Es un cuento que evoca aquellas aterradoras series donde los habitantes de ciudades invadidas por voraces zombis insisten en vivir, beber y enamorarse como si lo que sucediera su alrededor no tuviese la menor importancia

“Influyente”, relato número tres del quinteto, me recordó a Una nubecilla, de James Joyce, aquella historia en la que un poeta frustrado, Chico Chandler, en un instante de rabia y ofuscación, desea con vehemencia que la muerte se lleve a su llorón recién nacido para que él pueda dedicarse a leer con calma un volumen de poemas de Byron. En el fondo, todos los que escribimos somos un poco como Chico Chandler, o como Braulio, el cuentista fracasado de Influyente. ¿Por qué chingados lo habré tenido?, murmuramos entre dientes, llenos de ira, cuando a mitad de un texto, ya que las ideas han comenzado a fluir en el teclado de la computadora, el hijo pequeño se acerca a molestarnos con sus ganas de jugar. ¡Si se muriera!, pensamos, aunque casi enseguida, el arrepentimiento viene a estrellarse con toda su fuerza como búmeran sobre nuestras conciencias.

“Te extraño, bestia” es un cuento donde la soledad y el sexismo campean a sus anchas. Imposible no solidarizarse con la protagonista, esa patinadora sobre hielo de tercera, cuando los clientes del bar donde trabaja le tantean las nalgas, o peor aún, cuando le pide a su madre que le ponga al teléfono a Filomeno, su perro que se encuentra al otro lado del continente, para que éste la escuche.

¿Por qué en lugar de comunicarse con el amante adinerado al que todavía extraña decide hablarle a la mascota? Paola está disgustada consigo misma, y acaso el animal sea el único capaz de comprenderla.
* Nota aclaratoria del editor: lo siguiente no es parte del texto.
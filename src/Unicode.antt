-- ===== src/Unicode.antt =====
-- src/StyioUnicode/Unicode.cpp and Unicode.hpp, in the build without ICU: the classes of ASCII
-- characters in the C locale, and the UTF-8 decoder. A text is the list of its bytes. The two out
-- parameters of the decoder are returned beside its result.
pub mod Bytes
pub mod Encoding
pub mod Sound
pub mod Complete
mod Tests
use Prim.Native.Nat.{bit_and, bit_or}
use styio.Prelude.{
  ℕ, zero, suc, ◌+◌, ◌≤◌, Bool, true, false, not, ◌&&◌, ◌||◌, List, [], ◌∷◌, length, get_or, ltb,
  leb, ◌==◌, if◌then◌else◌,
}
use styio.Prelude.Bits.{shl}

abbrev pub is_utf8_continuation : ℕ → Bool
is_utf8_continuation ch = bit_and ch 0xC0 == 0x80

-- std::isspace in the C locale: blank, \t, \n, \v, \f, \r
unfoldable pub is_space : ℕ → Bool
is_space ch = ch == 32 || (leb 9 ch && leb ch 13)

unfoldable pub is_digit : ℕ → Bool
is_digit ch = leb b'0' ch && leb ch b'9'

unfoldable pub is_ascii_alpha : ℕ → Bool
is_ascii_alpha ch = (leb b'A' ch && leb ch b'Z') || (leb b'a' ch && leb ch b'z')

unfoldable pub is_ascii_alnum : ℕ → Bool
unfolding is_ascii_alpha is_digit
is_ascii_alnum ch = is_ascii_alpha ch || is_digit ch

-- the overloads on char
unfoldable pub is_identifier_start : ℕ → Bool
unfolding is_ascii_alpha
is_identifier_start ch = is_ascii_alpha ch || ch == b'_'

unfoldable pub is_identifier_continue : ℕ → Bool
unfolding is_ascii_alnum
is_identifier_continue ch = is_ascii_alnum ch || ch == b'_'

-- the overloads on code points
unfoldable pub identifier_start_codepoint : ℕ → Bool
unfolding is_identifier_start
identifier_start_codepoint codepoint =
    if ltb 0x7F codepoint then false else is_identifier_start codepoint

unfoldable pub identifier_continue_codepoint : ℕ → Bool
unfolding is_identifier_continue
identifier_continue_codepoint codepoint =
    if ltb 0x7F codepoint then false else is_identifier_continue codepoint

unfoldable pub is_decimal_digit : ℕ → Bool
unfolding is_digit
is_decimal_digit codepoint = if ltb 0x7F codepoint then false else is_digit codepoint

-- The result of `decode_utf8_codepoint`, with `codepoint` and `width` as it leaves them.
pub record Decoded : Type 0 where
  pub found : Bool
  pub codepoint : ℕ
  pub width : ℕ

abbrev pub failed : Decoded
failed = record { found = false; codepoint = 0; width = 0 }

abbrev pub decoded : ℕ → ℕ → Decoded
decoded codepoint width = record { found = true; codepoint = codepoint; width = width }

unfoldable pub decode_two : ℕ → ℕ → Decoded
decode_two b0 b1 =
    if not (is_utf8_continuation b1) || ltb b0 0xC2
    then failed
    else decoded (bit_or (shl (bit_and b0 0x1F) 6) (bit_and b1 0x3F)) 2

unfoldable pub decode_three : ℕ → ℕ → ℕ → Decoded
decode_three b0 b1 b2 =
    if not (is_utf8_continuation b1) || not (is_utf8_continuation b2)
    then failed
    else if (b0 == 0xE0 && ltb b1 0xA0) || (b0 == 0xED && leb 0xA0 b1)
    then failed
    else decoded
        (bit_or (bit_or (shl (bit_and b0 0x0F) 12) (shl (bit_and b1 0x3F) 6)) (bit_and b2 0x3F)) 3

unfoldable pub decode_four : ℕ → ℕ → ℕ → ℕ → Decoded
decode_four b0 b1 b2 b3 =
    if not (is_utf8_continuation b1)
      || (not (is_utf8_continuation b2) || not (is_utf8_continuation b3))
    then failed
    else if ltb b0 0xF0 || ltb 0xF4 b0
    then failed
    else if (b0 == 0xF0 && ltb b1 0x90) || (b0 == 0xF4 && ltb 0x8F b1)
    then failed
    else decoded
        (bit_or
          (bit_or (bit_or (shl (bit_and b0 0x07) 18) (shl (bit_and b1 0x3F) 12))
            (shl (bit_and b2 0x3F) 6))
          (bit_and b3 0x3F))
        4

-- `bytes[offset + k]`, read behind the test of the size
abbrev byte_at : List ℕ → ℕ → ℕ
byte_at text i = get_or text i 0

unfoldable pub decode_utf8_codepoint : List ℕ → ℕ → Decoded
unfolding decode_two decode_three decode_four
decode_utf8_codepoint text offset =
    if leb (length text) offset
    then failed
    else (let b0 = byte_at text offset in
        if leb b0 0x7F
        then decoded b0 1
        else if bit_and b0 0xE0 == 0xC0
        then (if leb (length text) (offset + 1)
            then failed
            else decode_two b0 (byte_at text (offset + 1)))
        else if bit_and b0 0xF0 == 0xE0
        then (if leb (length text) (offset + 2)
            then failed
            else decode_three b0 (byte_at text (offset + 1)) (byte_at text (offset + 2)))
        else if bit_and b0 0xF8 == 0xF0
        then (if leb (length text) (offset + 3)
            then failed
            else decode_four b0 (byte_at text (offset + 1)) (byte_at text (offset + 2))
                (byte_at text (offset + 3)))
        else failed)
Tuve en mi infancia un perro mestizo de orejas grandes, cuerpo esbelto y pelambre abundante al que llamé Dogui. Era mi compañero de juegos en el enorme patio de la casa vieja donde viví hasta mis diez años. Más de una vez lamenté no haber obligado a mis padres a llevarnos a Dogui con nosotros cuando nos cambiamos a la casa nueva, donde, en vez de patio arbolado y pileta de mampostería, había un delicado jardín y una piscina recubierta de azulejos.

Al cabo Dogui moriría de tristeza, igual que Jeremías Berlín, el protagonista de “Un anciano en la azotea”, el cuento que cierra esta colección, quien escoge la muerte en lugar de la soledad impuesta por los otros. ¿Y quiénes son los otros? Su propia familia: el yerno, un corrupto empresario al que apodan el Verraco; su hija, una mujer madura que maneja un Mercedes Benz y que desea con toda su alma llegar a ser una escritora tan famosa como su admirada Greta von Grundnorm. Para lograrlo, divide su tiempo entre el tenis, el club Campestre de Mérida y los talleres de creación literaria impartidos, nada más y nada menos, que por Carlos Briceño. Ironía pura.

Dice Adrián en una entrevista que “este libro, como en mis anteriores obras, es la materialización de una imperiosa necesidad de escribir, de vengarme del mundo”.

Más allá de los deseos de revancha del autor, este volumen, emparentado de manera directa con sus sarcásticas novelas que transcurren en Yucatán, constituye una manera inteligente de celebrar el lenguaje, de reírse un poco de esas vidas que resultaron de elecciones incomprensibles, pero que al mismo tiempo las convirtieron en fracasos. Humanas jaurías es también una manera sublime de celebrar a los perros como compañeros del hombre y al cuento como género literario más vivo que nunca en México.